L'absence flagrante du réseau X dans cette initiative démontre parfaitement pourquoi l'industrie ne résoudra pas la crise de l'authenticité de sitôt. Bien que l'ancien Twitter ait été un membre fondateur, l'entreprise s'est retirée après son rachat par Elon Musk. Aujourd'hui, X est un espace gigantesque où l'information circule à la vitesse de l'éclair, mais qui n'affiche aucune volonté concrète de protéger ses millions d'utilisateurs quotidiens contre les images falsifiées. Cette plateforme reste une source d'information de premier plan pour les journalistes et le public, ce qui facilite grandement la propagation de la désinformation vers le reste d'internet, sans aucune garantie sur la véracité de ce qui est partagé.
L'hypocrisie des fournisseurs d'intelligence artificielle est donc totale. Ils veulent le beurre et l'argent du beurre. D'un côté, ils dirigent de prestigieux comités pour l'authenticité numérique, de l'autre, ils fuient toute responsabilité face à leurs machines à désinformation, tout simplement parce que ces algorithmes sont extrêmement lucratifs.
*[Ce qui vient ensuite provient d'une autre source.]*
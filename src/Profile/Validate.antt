-- ===== src/Profile/Validate.antt =====
-- internal/profile/validate.go: the gateway-independent checks of a Team. A Go closure that appends
-- to `out` returns its diagnostics here, and a Go map that records a set is the list of its keys.
pub mod Members
pub mod Edges
pub mod Sound
mod Examples
pub use Members.{
  Severity, Diagnostic, error, warning, is_error, check, matches_identifier, validate_id, Seen,
}
use Members.{check_agents, check_specialists, no_seen}
use Edges.{check_all_edges}
use Prim.Native.String.{compare}
use text.Mathlib.Text.{◌==◌ as str_eq, is_lt}
use alt_tui.Prelude.{ℕ, String, Bool, true, false, not, List, [], ◌∷◌, ◌++◌, any, if◌then◌else◌}
use alt_tui.Prelude.Int.{pos, eqb_ℤ, ltb_ℤ}
use alt_tui.Prelude.Dict.{Dict}
use alt_tui.Prelude.Text.{is_blank, concat}
use alt_tui.Profile.{Profile, ModelRef, agents, contains_id}

abbrev pub current_schema : ℕ
current_schema = 2

-- the checks before the first loop
check_header : Profile → List Diagnostic
check_header p =
    check (not (eqb_ℤ p.schema (pos current_schema))) "schema" "must be 2"
    ++ (validate_id "id" p.id
        ++ (check (ltb_ℤ p.revision (pos 1)) "revision" "must be at least 1"
            ++ (check (is_blank p.name) "name" "is required"
                ++ check (is_blank p.gateway) "gateway" "select an authenticated gateway")))

-- the loop over `p.Models`
check_models : Dict ModelRef → List Diagnostic
check_models [] = []
check_models ((alias, model) ∷ rest) =
    let path = concat ("models." ∷ alias ∷ []) in
    validate_id path alias
    ++ (check (is_blank model.route) (concat (path ∷ ".route" ∷ [])) "is required"
        ++ (check (is_blank model.name) (concat (path ∷ ".name" ∷ [])) "is required"
            ++ check_models rest))

abbrev pub is_empty : Dict ModelRef → Bool
is_empty [] = true
is_empty (_ ∷ _) = false

-- the last loop, over the specialists that no agent may call
check_unused : List String → List String → List Diagnostic
check_unused used [] = []
check_unused used (id ∷ ids) =
    let rest = check_unused used ids in
    if contains_id used id
    then rest
    else record {
      severity = warning;
      path = concat ("specialists." ∷ id ∷ []);
      message = "is not callable by any leadership-capable agent";
    }
      ∷ rest

-- the order of the diagnostics: errors first, then by path
less : Diagnostic → Diagnostic → Bool
less a b =
    if is_error a
    then (if is_error b then is_lt (compare a.path b.path) else true)
    else (if is_error b then false else is_lt (compare a.path b.path))

insert_sorted : Diagnostic → List Diagnostic → List Diagnostic
insert_sorted d [] = d ∷ []
insert_sorted d (e ∷ rest) =
    let later = insert_sorted d rest in if less e d then e ∷ later else d ∷ e ∷ rest

-- sort.SliceStable
sort_stable : List Diagnostic → List Diagnostic
sort_stable [] = []
sort_stable (d ∷ rest) = insert_sorted d (sort_stable rest)

-- everything that Validate appends to `out`, before the sort
collect_diagnostics : (String → String) → Profile → List Diagnostic
collect_diagnostics to_lower p =
    let led = check_agents to_lower p 0 [] no_seen (agents p) in
    let called = check_specialists to_lower p 0 led.ids [] led.seen p.specialists in
    let edges = check_all_edges led.ids called.ids 0 [] [] (agents p) in
    check_header p
    ++ (check (is_empty p.models) "models" "at least one model is required"
        ++ (check_models p.models
            ++ (led.out ++ (called.out ++ (edges.out ++ check_unused edges.used called.ids)))))

-- Validate, over the Unicode case table of strings.ToLower
pub validate : (String → String) → Profile → List Diagnostic
unfolding sort_stable collect_diagnostics
validate to_lower p = sort_stable (collect_diagnostics to_lower p)

-- HasErrors
unfoldable pub has_errors : List Diagnostic → Bool
has_errors diagnostics = any is_error diagnostics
OpenAI génère d'énormes revenus en vendant des abonnements pour contourner les limites de génération de ses modèles. Meta prépare des fonctionnalités premium basées sur l'IA et inonde ses propres réseaux de contenus entièrement synthétiques. Google promet publiquement de nettoyer YouTube de la bouillie générée par ordinateur tout en incitant agressivement les vidéastes à utiliser ses propres modèles algorithmiques durant le montage.
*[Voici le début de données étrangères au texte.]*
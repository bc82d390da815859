-- ===== src/Expand/Sort/Sorted.antt =====
-- src/expand.c: what expsort gives is sorted, has no name twice, and has the names that were there.
use gwsh.Base.{
  ℕ, zero, suc, ◌-◌, ◌/◌, ◌+◌, ◌≤◌, ◌≡◌, ◌∙◌, ap, refl, Bool, false, ◌||◌, List, [], ◌∷◌, Bytes,
  leb, length, arith, bytes_eq, if_cases, leb→le,
}
use gwsh.Expand.Sort.{
  Order, less, equal, greater, strcmp, merge, merged, take, drop, msort, expsort,
}

strcmp-equal : (x y : Bytes) → strcmp x y ≡ equal → x ≡ y
unfolding strcmp
strcmp-equal [] [] h = refl
strcmp-equal [] (b ∷ t) h = cc
strcmp-equal (a ∷ s) [] h = cc
strcmp-equal (a ∷ s) (b ∷ t) h = ground (arith, strcmp-equal s t)

strcmp-greater : (x y : Bytes) → strcmp x y ≡ greater → strcmp y x ≡ less
unfolding strcmp
strcmp-greater [] [] h = cc
strcmp-greater [] (b ∷ t) h = cc
strcmp-greater (a ∷ s) [] h = refl
strcmp-greater (a ∷ s) (b ∷ t) h = ground (arith, strcmp-greater s t)

strcmp_trans : (x y z : Bytes) → strcmp x y ≡ less → strcmp y z ≡ less → strcmp x z ≡ less
unfolding strcmp
strcmp_trans [] [] z h k = cc
strcmp_trans [] (b ∷ t) [] h k = cc
strcmp_trans [] (b ∷ t) (c ∷ u) h k = refl
strcmp_trans (a ∷ s) [] z h k = cc
strcmp_trans (a ∷ s) (b ∷ t) [] h k = cc
strcmp_trans (a ∷ s) (b ∷ t) (c ∷ u) h k = ground (arith, strcmp_trans s t u)

-- All names of the list are behind x.
abbrev Above : Bytes → List Bytes → Type 0
Above x [] = Unit
Above x (y ∷ l) = (strcmp x y ≡ less) × Above x l

-- Each name is behind all that stand before it.
abbrev pub IsSorted : List Bytes → Type 0
IsSorted [] = Unit
IsSorted (x ∷ l) = Above x l × IsSorted l

-- Whether the name is in the list.
abbrev pub has : Bytes → List Bytes → Bool
has x [] = false
has x (y ∷ l) = bytes_eq x y || has x l

Above-less : (x y : Bytes) (l : List Bytes) → strcmp x y ≡ less → Above y l → Above x l
Above-less x y [] h a = tt
Above-less x y (z ∷ l) h a = (strcmp_trans x y z h a.0, Above-less x y l h a.1)

merge-Above : (f : ℕ) (z : Bytes) (p q : List Bytes) → Above z p → Above z q → Above z (merge f p q)
unfolding merge
merge-Above zero z p q hp hq = hq
merge-Above (suc f) z [] q hp hq = hq
merge-Above (suc f) z (x ∷ p) [] hp hq = hp
merge-Above (suc f) z (x ∷ p) (y ∷ q) hp hq =
    let left = merge-Above f z p (y ∷ q) hp.1 hq in
    let right = merge-Above f z q (x ∷ p) hq.1 hp in
    elim (strcmp x y)
      as (λ o. Above z (elim o [
        | less ↦ x ∷ merge f p (y ∷ q)
        | equal ↦ merge f p (y ∷ q)
        | greater ↦ y ∷ merge f q (x ∷ p)
      ])) [ less ↦ (hp.0, left) | equal ↦ left | greater ↦ (hq.0, right) ]

-- A round of the merge, by what the comparison says.
abbrev round : Bytes → Bytes → List Bytes → List Bytes → Order → List Bytes
round x y left right less = x ∷ left
round x y left right equal = left
round x y left right greater = y ∷ right

round-IsSorted :
    (x y : Bytes) (p q left right : List Bytes) (o : Order)
    → strcmp x y ≡ o
    → Above x p
    → Above y q
    → IsSorted left
    → IsSorted right
    → (Above x p → Above x (y ∷ q) → Above x left)
    → (Above y q → Above y (x ∷ p) → Above y right)
    → IsSorted (round x y left right o)
round-IsSorted x y p q left right less e hp hq sl sr al ar = (al hp (e, Above-less x y q e hq), sl)
round-IsSorted x y p q left right equal e hp hq sl sr al ar = sl
round-IsSorted x y p q left right greater e hp hq sl sr al ar =
    let e' = strcmp-greater x y e in (ar hq (e', Above-less y x p e' hp), sr)

merge-IsSorted : (f : ℕ) (p q : List Bytes) → IsSorted p → IsSorted q → IsSorted (merge f p q)
unfolding merge
merge-IsSorted zero p q hp hq = hq
merge-IsSorted (suc f) [] q hp hq = hq
merge-IsSorted (suc f) (x ∷ p) [] hp hq = hp
merge-IsSorted (suc f) (x ∷ p) (y ∷ q) hp hq =
    round-IsSorted x y p q (merge f p (y ∷ q)) (merge f q (x ∷ p)) (strcmp x y) refl hp.0 hq.0
      (merge-IsSorted f p (y ∷ q) hp.1 hq) (merge-IsSorted f q (x ∷ p) hq.1 hp)
      (merge-Above f x p (y ∷ q)) (merge-Above f y q (x ∷ p))

has-round :
    (z x y : Bytes) (p q left right : List Bytes) (o : Order)
    → strcmp x y ≡ o
    → has z left ≡ (has z p || has z (y ∷ q))
    → has z right ≡ (has z q || has z (x ∷ p))
    → has z (round x y left right o) ≡ (has z (x ∷ p) || has z (y ∷ q))
has-round z x y p q left right less e hl hr = ground (arith, hl)
has-round z x y p q left right equal e hl hr =
    ground (arith, hl, ap (bytes_eq z) (strcmp-equal x y e))
has-round z x y p q left right greater e hl hr = ground (arith, hr)

has-merge :
    (f : ℕ) (z : Bytes) (p q : List Bytes)
    → length p + length q ≤ f
    → has z (merge f p q) ≡ (has z p || has z q)
unfolding merge
has-merge zero z [] q h = refl
has-merge zero z (x ∷ p) q h = absurd (omega arith)
has-merge (suc f) z [] q h = refl
has-merge (suc f) z (x ∷ p) [] h = ground arith
has-merge (suc f) z (x ∷ p) (y ∷ q) h =
    has-round z x y p q (merge f p (y ∷ q)) (merge f q (x ∷ p)) (strcmp x y) refl
      (has-merge f z p (y ∷ q) (omega arith)) (has-merge f z q (x ∷ p) (omega arith))

has-split : (z : Bytes) (n : ℕ) (l : List Bytes) → (has z (take n l) || has z (drop n l)) ≡ has z l
has-split z zero l = refl
has-split z (suc n) [] = refl
has-split z (suc n) (x ∷ l) = ground (arith, has-split z n l)

length-take : (n : ℕ) (l : List Bytes) → n ≤ length l → length (take n l) ≡ n
length-take zero l h = refl
length-take (suc n) [] h = absurd (omega arith)
length-take (suc n) (x ∷ l) h = omega (arith, length-take n l (omega arith))

length-drop : (n : ℕ) (l : List Bytes) → length (drop n l) ≡ length l - n
length-drop zero l = omega arith
length-drop (suc n) [] = omega arith
length-drop (suc n) (x ∷ l) = omega (arith, length-drop n l)

short-IsSorted : (l : List Bytes) → length l ≤ 1 → IsSorted l
short-IsSorted [] h = tt
short-IsSorted (x ∷ []) h = (tt, tt)
short-IsSorted (x ∷ y ∷ l) h = absurd (omega arith)

-- Sorted, with the names of another list.
abbrev SortOf : List Bytes → List Bytes → Type 0
SortOf list l = IsSorted l × ((z : Bytes) → has z l ≡ has z list)

merged-SortOf :
    (list q p : List Bytes) (n : ℕ)
    → SortOf (take n list) q
    → SortOf (drop n list) p
    → SortOf list (merged p q)
merged-SortOf list q p n hq hp = (
  merge-IsSorted (length p + length q) p q hp.0 hq.0,
  λ z.
      has-merge (length p + length q) z p q (omega arith)
      ∙ ground (arith, hp.1 z, hq.1 z, has-split z n list),
)

msort-SortOf :
    (f : ℕ) (list : List Bytes) (len : ℕ)
    → length list ≡ len
    → len ≤ f
    → SortOf list (msort f list len)
unfolding msort
msort-SortOf zero list len e h = (short-IsSorted list (omega arith), λ z. refl)
msort-SortOf (suc f) list len e h =
    if_cases (SortOf list) (leb len 1)
      (λ short. (short-IsSorted list (omega (arith, leb→le len 1 short)), λ z. refl))
      (λ long.
        let two : 2 ≤ len = ground arith in
        merged-SortOf list (msort f (take (len / 2) list) (len / 2))
          (msort f (drop (len / 2) list) (len - len / 2)) (len / 2)
          (msort-SortOf f (take (len / 2) list) (len / 2) (length-take (len / 2) list (omega arith))
            (omega arith))
          (msort-SortOf f (drop (len / 2) list) (len - len / 2)
            (omega (arith, length-drop (len / 2) list)) (omega arith)))

-- expsort gives the names that it is given, each once, every name behind those that strcmp puts
-- before it.
pub expsort_lem :
    (str : List Bytes) → IsSorted (expsort str) × ((z : Bytes) → has z (expsort str) ≡ has z str)
unfolding expsort
expsort_lem str = msort-SortOf (length str) str (length str) refl (omega arith)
Comme le soulignent plusieurs experts en cybersécurité, les réseaux sociaux ont en réalité adopté les deepfakes avec un enthousiasme non dissimulé. Pourquoi un tel paradoxe ? Parce que ce contenu artificiel, souvent bizarre, clivant ou provocateur, génère un engagement massif. Il retient l'attention des utilisateurs, suscite la controverse et permet in fine de vendre beaucoup plus d'espaces publicitaires. Les mesures préventives claironnées dans les communiqués de presse ne sont qu'une façade sophistiquée destinée à rassurer le grand public et à éloigner les législateurs.
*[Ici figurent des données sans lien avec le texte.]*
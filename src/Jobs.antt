-- ===== src/Jobs.antt =====
-- src/jobs.c and src/jobs.h: the table of jobs, their order, and the names of jobs.
pub mod Order
pub mod Table
pub mod Place
pub mod Make
pub mod Names
pub mod Wait
use gwsh.Base.{
  ℕ, zero, suc, ◌+◌, ◌≡◌, Bool, true, false, not, ◌&&◌, ◌||◌, Option, none, some, List, [], ◌∷◌,
  ◌++◌, Bytes, ◌==◌, if◌then◌else◌, length,
}

-- struct procstat; the status of a process that runs, -1, is none.
pub record Procstat : Type 0 where
  pub pid : ℕ
  pub status : Option ℕ
  pub cmd : Bytes

pub data JobState : Type 0 where
  job_running job_stopped job_done : JobState

-- struct job; `ps` has the nprocs processes.
pub record Job : Type 0 where
  pub ps : List Procstat
  pub stopstatus : ℕ
  pub state : JobState
  pub sigint : Bool
  pub jobctl : Bool
  pub waited : Bool
  pub used : Bool
  pub changed : Bool
  pub pipefail : Bool

-- jobtab, of njobs jobs; the jobs by their places in it, from curjob along prev_job; and the variables
-- that are read.
pub record Jobs : Type 0 where
  pub jobtab : List Job
  pub order : List ℕ
  pub parjob : Bool
  pub mflag : Bool
  pub optpipefail : Bool

abbrev pub is_stopped : JobState → Bool
is_stopped job_stopped = true
is_stopped _ = false

abbrev pub is_done : JobState → Bool
is_done job_done = true
is_done _ = false

unfoldable pub job_at : ℕ → List Job → Option Job
job_at i [] = none
job_at zero (jp ∷ jobs) = some jp
job_at (suc i) (jp ∷ jobs) = job_at i jobs

unfoldable pub change_job : ℕ → (Job → Job) → List Job → List Job
change_job i f [] = []
change_job zero f (jp ∷ jobs) = f jp ∷ jobs
change_job (suc i) f (jp ∷ jobs) = jp ∷ change_job i f jobs

abbrev pub stopped_at : Option Job → Bool
stopped_at none = false
stopped_at (some jp) = is_stopped jp.state

-- The modes of set_curjob.
pub data Mode : Type 0 where
  cur_delete cur_running cur_stopped : Mode

-- The job is taken out of the list; where it is not in it, a link is read by a null pointer.
unfoldable pub unlink : ℕ → List ℕ → Option (List ℕ)
unlink jp [] = none
unlink jp (jp1 ∷ order) =
    let rest = unlink jp order in
    if jp1 == jp
    then some order
    else elim rest as (λ _. Option (List ℕ)) [ none ↦ none | some order' ↦ some (jp1 ∷ order') ]

-- Behind the stopped jobs.
unfoldable pub insert_running : List Job → ℕ → List ℕ → List ℕ
unfolding job_at
insert_running jobs jp [] = jp ∷ []
insert_running jobs jp (jp1 ∷ order) =
    let rest = insert_running jobs jp order in
    if stopped_at (job_at jp1 jobs) then jp1 ∷ rest else jp ∷ jp1 ∷ order

abbrev pub reinsert : Mode → List Job → ℕ → List ℕ → List ℕ
reinsert cur_delete jobs jp order = order
reinsert cur_running jobs jp order = insert_running jobs jp order
reinsert cur_stopped jobs jp order = jp ∷ order

unfoldable pub set_curjob : ℕ → Mode → Jobs → Option Jobs
unfolding unlink insert_running
set_curjob jp mode st = elim (unlink jp st.order) as (λ _. Option Jobs) [
  | none ↦ none
  | some order ↦ some (record st { order = reinsert mode st.jobtab jp order })
]

unfoldable pub freejob : ℕ → Jobs → Option Jobs
unfolding set_curjob change_job
freejob jp st =
    set_curjob jp cur_delete
      (record st { jobtab = change_job jp (λ job. record job { used = false }) st.jobtab })

-- The loop goes along the links of the jobs that it frees.
unfoldable pub free_each : List ℕ → Jobs → Option Jobs
unfolding freejob
free_each [] st = some st
free_each (jp ∷ order) st = elim (freejob jp st) as (λ _. Option Jobs) [
  | none ↦ none
  | some st' ↦ free_each order st'
]

unfoldable pub freejobs : Jobs → Option Jobs
unfolding free_each
freejobs st = elim (free_each st.order st) as (λ _. Option Jobs) [
  | none ↦ none
  | some st' ↦ some (record st' { parjob = false })
]

unfoldable pub resetjobs : Jobs → Option Jobs
unfolding freejobs
resetjobs st = if st.parjob then freejobs st else some (record st { parjob = true })

abbrev pub no_job : Job
no_job = record {
  ps = [];
  stopstatus = 0;
  state = job_running;
  sigint = false;
  jobctl = false;
  waited = false;
  used = false;
  changed = false;
  pipefail = false;
}

-- Four more; what they hold but for `used` is not read.
abbrev pub growjobtab : Jobs → Jobs
growjobtab st = record st { jobtab = st.jobtab ++ (no_job ∷ no_job ∷ no_job ∷ no_job ∷ []) }

-- The loop of makejob, from the place `i` on: where it stops, and whether the job there is freed.
pub data Slot : Type 0 where
  at_unused at_waited : ℕ → Slot
  at_end : Slot

unfoldable pub find_slot : Bool → ℕ → List Job → Slot
find_slot mflag i [] = at_end
find_slot mflag i (jp ∷ jobs) =
    let rest = find_slot mflag (suc i) jobs in
    if not jp.used
    then at_unused i
    else if not (is_done jp.state) || not jp.waited
    then rest
    else if mflag
    then rest
    else at_waited i

abbrev pub start_job : ℕ → Jobs → Jobs
start_job jp st = record st {
  jobtab =
      change_job jp
        (λ _. record no_job { pipefail = st.optpipefail; jobctl = st.mflag; used = true })
        st.jobtab;
  order = jp ∷ st.order;
}

abbrev pub by_slot : Slot → Jobs → Option (ℕ × Jobs)
by_slot (at_unused jp) st = some (jp, start_job jp st)
by_slot (at_waited jp) st = elim (freejob jp st) as (λ _. Option (ℕ × Jobs)) [
  | none ↦ none
  | some st' ↦ some (jp, start_job jp st')
]
by_slot at_end st = some (length st.jobtab, start_job (length st.jobtab) (growjobtab st))

abbrev pub own_jobs : Jobs → Option Jobs
own_jobs st = if st.parjob then freejobs st else some st

-- The place of the job that is made.
unfoldable pub makejob : Jobs → Option (ℕ × Jobs)
unfolding freejobs find_slot change_job
makejob st = elim (own_jobs st) as (λ _. Option (ℕ × Jobs)) [
  | none ↦ none
  | some st' ↦ by_slot (find_slot st'.mflag 0 st'.jobtab) st'
]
Les efforts actuels pour prouver de manière irréfutable l'authenticité de ce que nous voyons en ligne semblent voués à l'échec. Le système actuel s'apparente à un code d'honneur glorifié qui n'a jamais eu la moindre chance de vaincre l'industrie de la falsification à grande échelle. Face à ce constat d'échec cuisant, les réseaux sociaux commencent à changer de narration, affirmant qu'il faudra désormais juger non plus le contenu en lui-même, mais la réputation de la personne qui le publie. Pourtant, si naviguer dans un océan infini de faussetés générées par des machines était aussi simple, les systèmes de modération communautaire nous auraient sauvés depuis bien longtemps. La triste vérité, c'est que tout ce qui permettrait d'identifier clairement et systématiquement les contenus synthétiques va directement à l'encontre des intérêts financiers vitaux des entreprises qui parient aujourd'hui des milliards sur l'intelligence artificielle.